Closed petermr closed 4 years ago

petermr commented 4 years ago

create a list of instruments used in analysing (but NOT extracting) Essential Oils. This can be used as ground truth for Tiago's extraction sub-project.

Should find this in: "materials and methods"

  <span class="bold">Gas chromatography-mass spectrometry</span>. Samples were analyzed by gas chromatography using a HP6890 instrument coupled with a HP 5973 mass spectrometer. The gas chromatograph is equipped with a split-splitless injector and a Factor FourTM VF-35ms 5% fenil-methylpolysiloxane, 30 m, 0.25 mm, 0.25 μm film thickness capillary column. Gas chromatography conditions include a temperature range of 50 to 250°C at 40°C/min, with a solvent delay of 5 min. The injector was maintained at a temperature of 250°C. The inert gas was helium at a flow of 1.0 mL/min, and the injected volume in the splitless mode was 1 μL. The MS conditions were the following: ionization energy, 70 eV; quadrupole temperature, 100°C; scanning velocity, 1.6 scan/s; weight range, 40-500 amu.

create a new column for GC-MS currently just extract "HP6890" (GC) and "HP 5973" (MS)

<sec id="Sec7" class="sec">
 <div class="title" xmlns="http://www.w3.org/1999/xhtml">GC-MS analysis</div>
 <p xmlns="http://www.w3.org/1999/xhtml">GC-MS chromatograms were recorded using Shimadzu QP-5000 GC-MS. The GC was equipped with Rtx-5 ms column (30 m long, 0.25 μm thickness and 0.250 mm inner diameter). Helium was used as a carrier gas at a flow rate of 1 ml/min. Injector temperature was 220 °C. Oven temperature was programmed from 50 °C (1 min hold) at 5 °C/min to 130 °C, then at 10 °C/min to 250 °C and kept isothermally for 15 min. Transfer line temperature was 290 °C. For GC-MS detection, an electron ionization system, with detector volts of 1.7 KV was used. A scan rate of 0.5 s, and scan speed 1000 amu/s was applied, covering a mass range from 38–450 M/Z.</p>
</sec>

extract "Shimadzu QP-5000 GC-MS"

ambarishK commented 4 years ago

OK sir.

ambarishK commented 4 years ago

Sir, check for the instruments20191006.tsv

Column description is as follows.

Total count of unique records - 95.

Please suggest changes before making dictionary
petermr commented 4 years ago

Good start. There are some misspellings . Are these in the paper or did you mistype them? If they are in the paper that's a good indicator of author errors

On Sun, 6 Oct 2019, 14:06 Ambarish Kumar, notifications@github.com wrote:

Sir, check for the instruments20191006.tsv https://github.com/petermr/CEVOpen/blob/master/dictionary/instrument/instruments20191006.tsv

Column description is as follows.

-

INSTRUMENTS - cleaned names of instruments used into GC-MS analysis.
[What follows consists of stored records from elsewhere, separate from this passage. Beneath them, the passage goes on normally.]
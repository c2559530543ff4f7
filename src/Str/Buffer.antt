-- ===== src/Str/Buffer.antt =====
-- str.c below its interface: `struct mystr` with its buffer, and the functions that allocate and
-- write it. A buffer is the list of the bytes of its block, and NULL is `none`. `malloc` and
-- `realloc` are the C library's, and so a parameter; the guards of sysutil.c around them are here.
-- A source that the code passes as a pointer is the list of the bytes that lie from there on; no
-- caller passes a pointer into the string that is written.
pub mod Memory
pub mod Refine
mod Tests
pub mod Alloc
use dragonsunited_minecraft.Base.{
  ℕ, ◌+◌, ◌-◌, ◌%◌, ◌^◌, ◌≤◌, min, Bool, not, ◌||◌, List, [], ◌++◌, Option, none, some, ◌≡◌, ltb,
  leb, ◌==◌, if◌then◌else◌, length, take, drop, set, Bytes,
}
use dragonsunited_minecraft.Run.{Run, ok, stop, bug, die, overrun, ◌>>=◌, ◌>>◌, bug_if, access}

abbrev pub int_max : ℕ
int_max = 2147483647

abbrev pub uint_mod : ℕ
uint_mod = 2 ^ 32

pub record Mystr : Type 0 where
  pub p_buf : Option Bytes
  pub len : ℕ
  pub alloc_bytes : ℕ

-- `INIT_MYSTR`
abbrev pub init_mystr : Mystr
init_mystr = record { p_buf = none; len = 0; alloc_bytes = 0 }

-- What the code relies on of the C library: a block has the size asked for, and `realloc` keeps
-- the bytes that fit. The other bytes of a block are arbitrary.
pub record Libc : Type 0 where
  pub malloc : ℕ → Option Bytes
  pub realloc : Bytes → ℕ → Option Bytes
  pub length-malloc : (n : ℕ) (b : Bytes) → malloc n ≡ some b → length b ≡ n
  pub length-realloc : (old : Bytes) (n : ℕ) (b : Bytes) → realloc old n ≡ some b → length b ≡ n
  pub take-realloc :
      (old : Bytes) (n k : ℕ) (b : Bytes)
      → realloc old n ≡ some b
      → k ≤ n
      → k ≤ length old
      → take k b ≡ take k old

module _ (libc : Libc) where
  pub vsf_sysutil_malloc : ℕ → Run Bytes
  vsf_sysutil_malloc size =
      if size == 0 || ltb int_max size
      then stop bug
      else elim (libc.malloc size) [ none ↦ stop die | some b ↦ ok b ]

  -- `realloc` of NULL is `malloc`
  resized : Option Bytes → ℕ → Option Bytes
  resized none size = libc.malloc size
  resized (some old) size = libc.realloc old size

  pub vsf_sysutil_realloc : Option Bytes → ℕ → Run Bytes
  unfolding resized
  vsf_sysutil_realloc p size =
      if size == 0 || ltb int_max size
      then stop bug
      else elim (resized p size) [ none ↦ stop die | some b ↦ ok b ]

-- The bytes of `src` over those of `b` from `off` on.
abbrev pub write_at : Bytes → ℕ → Bytes → Bytes
write_at b off src = take off b ++ (src ++ drop (off + length src) b)

-- the bytes that a string's pointer leads to
abbrev pub block : Option Bytes → Bytes
block none = []
block (some b) = b

copy_into : Option Bytes → ℕ → Bytes → ℕ → Run (Option Bytes)
copy_into none off src size = stop overrun
copy_into (some b) off src size = do
  access (leb size (length src))
  access (leb (off + size) (length b))
  ok (some (write_at b off (take size src)))

-- `vsf_sysutil_memcpy(p + off, src, size)`
pub vsf_sysutil_memcpy : Option Bytes → ℕ → Bytes → ℕ → Run (Option Bytes)
unfolding copy_into
vsf_sysutil_memcpy p off src size =
    if size == 0 then ok p else if ltb int_max size then stop die else copy_into p off src size

-- `p[i] = c`
pub put_byte : Option Bytes → ℕ → ℕ → Run (Option Bytes)
put_byte none i c = stop overrun
put_byte (some b) i c = do access (ltb i (length b)); ok (some (set b i c))

pub s_setbuf : Mystr → Bytes → Run Mystr
s_setbuf s newbuf = elim s.p_buf [
  | none ↦ ok (record s { p_buf = some newbuf })
  | some _ ↦ stop bug
]

-- `vsf_sysutil_free` of the buffer, where there is one, leaves nothing to model
pub str_free : Mystr → Mystr
str_free s = init_mystr

-- The copy, the terminator and the length, with which both private functions end.
pub fill : Mystr → ℕ → Bytes → ℕ → Run Mystr
fill s off src len = do
  p ← vsf_sysutil_memcpy s.p_buf off src len
  q ← put_byte p (off + len) 0
  ok (record s { p_buf = q; len = off + len })

module _ (libc : Libc) where
  pub fresh : Mystr → ℕ → Run Mystr
  fresh s buf_needed = do
    b ← vsf_sysutil_malloc libc buf_needed
    t ← s_setbuf (str_free s) b
    ok (record t { alloc_bytes = buf_needed })

  pub grown : Mystr → ℕ → Run Mystr
  grown s buf_needed = do
    b ← vsf_sysutil_realloc libc s.p_buf buf_needed
    ok (record s { p_buf = some b; alloc_bytes = buf_needed })

  pub private_str_alloc_memchunk : Mystr → Bytes → ℕ → Run Mystr
  unfolding fresh fill
  private_str_alloc_memchunk s src len = do
    let buf_needed = (len + 1) % uint_mod
    t ← (if ltb s.alloc_bytes buf_needed then fresh s buf_needed else ok s)
    fill t 0 src len

  pub private_str_append_memchunk : Mystr → Bytes → ℕ → Run Mystr
  unfolding grown fill
  private_str_append_memchunk s src len = do
    let buf_needed = (s.len + len + 1) % uint_mod
    t ← (if ltb s.alloc_bytes buf_needed then grown s buf_needed else ok s)
    fill t s.len src len

  -- the string with a buffer, which `str_getbuf` makes sure of
  pub str_getbuf : Mystr → Run Mystr
  str_getbuf s = elim s.p_buf [
    | some _ ↦ ok s
    | none ↦ do
      bug_if (not (s.len == 0) || not (s.alloc_bytes == 0))
      private_str_alloc_memchunk s [] 0
  ]

  pub str_trunc : Mystr → ℕ → Run Mystr
  str_trunc s trunc_len = do
    bug_if (leb s.alloc_bytes trunc_len)
    q ← put_byte s.p_buf trunc_len 0
    ok (record s { p_buf = q; len = trunc_len })

  pub str_empty : Mystr → Run Mystr
  str_empty s = do t ← str_getbuf s; str_trunc t 0

  pub str_reserve : Mystr → ℕ → Run Mystr
  unfolding grown
  str_reserve s n = do
    let res_len = (n + 1) % uint_mod
    t ← (if ltb s.alloc_bytes res_len then grown s res_len else ok s)
    q ← put_byte t.p_buf ((res_len + uint_mod - 1) % uint_mod) 0
    ok (record t { p_buf = q })

  pub str_copy : Mystr → Mystr → Run Mystr
  str_copy dest src = private_str_alloc_memchunk dest (block src.p_buf) src.len

  pub str_append_str : Mystr → Mystr → Run Mystr
  str_append_str s other = private_str_append_memchunk s (block other.p_buf) other.len

  pub str_append_char : Mystr → ℕ → Run Mystr
  str_append_char s c = private_str_append_memchunk s (List.◌∷◌ c []) 1
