-- ===== src/Manifest/Uint/Tests.antt =====
-- Numbers as a manifest writes them.
use elfrc.Base.{◌%◌, ◌^◌, ◌-◌, ◌<◌, ◌≡◌, refl, arith, min, [], ◌∷◌, none, some}
use elfrc.Manifest.Uint.{
  isspace, isdigit, skip_space, strtol_sign, strtol_digits, number_of, unsigned_of, parse_uint,
}
use elfrc.Manifest.Uint.Laws.{decimal, parse_uint-decimal}

-- Blanks and a sign may come first, and nothing may follow.
spaced : parse_uint (some (b' ' ∷ b'+' ∷ b'7' ∷ [])) ≡ some 7
unfolding parse_uint skip_space isspace strtol_sign unsigned_of number_of strtol_digits isdigit
spaced = refl

trailing : parse_uint (some (b'7' ∷ b' ' ∷ [])) ≡ none
unfolding parse_uint skip_space isspace strtol_sign unsigned_of number_of strtol_digits isdigit
trailing = refl

negative : parse_uint (some (b'-' ∷ b'1' ∷ [])) ≡ none
unfolding parse_uint skip_space isspace strtol_sign unsigned_of number_of strtol_digits isdigit
negative = refl

parse_uint-decimal_example :
    (4294967297 < 2 ^ 32 → parse_uint (some (decimal 10 4294967297)) ≡ some 4294967297)
    × (parse_uint (some (decimal 10 4294967297)) ≡ some (min 4294967297 (2 ^ 63 - 1) % 2 ^ 32))
parse_uint-decimal_example = parse_uint-decimal 10 4294967297 (omega arith) (omega arith)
INSTRUMENTS_NORMALIZED - normalised list of instruments used into GC-MS analysis.

Total count of unique records - 95. Please check for the sheet and suggest changes before making dictionary

— You are receiving this because you authored the thread. Reply to this email directly, view it on GitHub https://github.com/petermr/CEVOpen/issues/29?email_source=notifications&email_token=AAFTCSY7L6NNPTLIF2G4B4LQNHPHDA5CNFSM4I5PRCHKYY3PNVWWK3TUL52HS4DFVREXG43VMVBW63LNMVXHJKTDN5WW2ZLOORPWSZGOEAOJVAA#issuecomment-538745472, or mute the thread https://github.com/notifications/unsubscribe-auth/AAFTCSY7TL674TVYBPQAS33QNHPHDANCNFSM4I5PRCHA .
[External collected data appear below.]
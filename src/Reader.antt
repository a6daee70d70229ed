-- ===== src/Reader.antt =====
-- src/libelfr/erf_reader.c: reading resources out of a container in memory.
pub mod Outcome
pub mod Messages
pub mod Container
pub mod Open
pub mod Find
pub mod Metadata
pub mod Checksum
pub mod Default
pub mod Sample
mod Tests
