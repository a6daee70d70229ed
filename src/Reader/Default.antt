-- ===== src/Reader/Default.antt =====
-- src/libelfr/erf_lookup.c: the container that is linked into the program, opened on first use.
pub mod Laws
use elfrc.Base.{ℕ, List, Option, none, some, Bool, true, false, if◌then◌else◌, length}
use elfrc.Reader.Outcome.{ErfError, erf_ok, no_default_container, Outcome, ok, err, fault}
use elfrc.Reader.Container.{Container}
use elfrc.Reader.Open.{erf_open_memory}
use elfrc.Reader.Find.{erf_find_in, erf_find_id_in, erf_resource_data_in}

-- The globals: `g_last_error`, `g_default_attempted` and `g_default_container`.
pub record Process : Type 0 where
  pub last_error : ErfError
  pub attempted : Bool
  pub container : Option Container

abbrev pub initial : Process
initial = record { last_error = erf_ok; attempted = false; container = none }

abbrev pub elfr_set_last_error : ErfError → Process → Process
elfr_set_last_error e p = record {
  last_error = e;
  attempted = p.attempted;
  container = p.container;
}

-- A call that returns, `none` for NULL, or that leaves the memory.
pub data Call {ℓ} (A : Type ℓ) : Type ℓ where
  returned : Option A → Process → Call A
  faulted : Call A

-- A call of the API with a handle, in a process.
abbrev pub run {ℓ} : {A : Type ℓ} → Outcome A → Process → Call A
run (ok a) p = returned (some a) (elfr_set_last_error erf_ok p)
run (err e) p = returned none (elfr_set_last_error e p)
run fault p = faulted

-- `g_default_container = erf_open_memory(...)`, and the return of it.
abbrev pub keep : Call Container → Call Container
keep (returned c p) =
    returned c (record { last_error = p.last_error; attempted = p.attempted; container = c })
keep faulted = faulted

-- `g_default_attempted = 1`.
abbrev pub attempt : Process → Process
attempt p = record { last_error = p.last_error; attempted = true; container = p.container }

-- The memory between the two symbols that the linker provides; `none` if it does not.
abbrev pub open_linked : Option (List ℕ) → Process → Call Container
open_linked none p = returned none (elfr_set_last_error no_default_container p)
open_linked (some b) p = keep (run (erf_open_memory (some b) (length b)) p)

unfoldable pub get_default_container : Option (List ℕ) → Process → Call Container
get_default_container linked p =
    if p.attempted then returned p.container p else open_linked linked (attempt p)

-- `if (!c) return NULL;`, and the call with the handle.
abbrev pub with_default {ℓ} : {A : Type ℓ} → (Container → Outcome A) → Call Container → Call A
with_default f (returned none p) = returned none p
with_default f (returned (some c) p) = run (f c) p
with_default f faulted = faulted

unfoldable pub erf_find : Option (List ℕ) → Option (List ℕ) → Process → Call ℕ
erf_find linked name p =
    with_default (λ c. erf_find_in (some c) name) (get_default_container linked p)

unfoldable pub erf_find_id : Option (List ℕ) → ℕ → Process → Call ℕ
erf_find_id linked id p =
    with_default (λ c. erf_find_id_in (some c) id) (get_default_container linked p)

unfoldable pub erf_resource_data : Option (List ℕ) → Option (List ℕ) → Process → Call (ℕ × ℕ)
erf_resource_data linked name p =
    with_default (λ c. erf_resource_data_in (some c) name) (get_default_container linked p)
ambarishK commented 4 years ago

Sir, I extracted the text snippet as it is present in the article. There is less chance to be misspelled by me. It is more likely that author has put the name as of extracted onto the sheet .

e.g

at line 34 - INSTRUMENTS column

`Aligent 6890`

Few are duplicates. e.g


line 7 

`Agilent 6890 (GC) and Agilent 5973 (MSD)`

and line 10

`Agilent 6890 (GC) and Agilent 5973 (MS)` 
petermr commented 4 years ago

@ambarishK thanks. Instruments have qualifiers:

Agilent 7890 (GC)   Agilent 7890 (GC)
Agilent 7890 (GC)  and Agilent 5975 (MSD)   Agilent 7890 (GC)  and Agilent 5975 (MSD)
Agilent 7890 (GC) and Agilent 5975 (MS) 
Agilent 7890 N (GC) and Triple Quad 7000 A model mass detector  Agilent 7890 N (GC) and Triple Quad 7000 A model mass detector
Agilent 7890A   
Agilent 7890A (GC)  Agilent 7890A (GC)

We would need a GC-MS expert to tell us whether the letters (A, N) are significant. For the moment I suggest we use them as separate entries

Agilent 7890
Agilent 7890 N
Agilent 7890N

Later we can use a regex to deal with whitespaces.

I will create a first pass dictionary.

ambarishK commented 4 years ago

OK sir.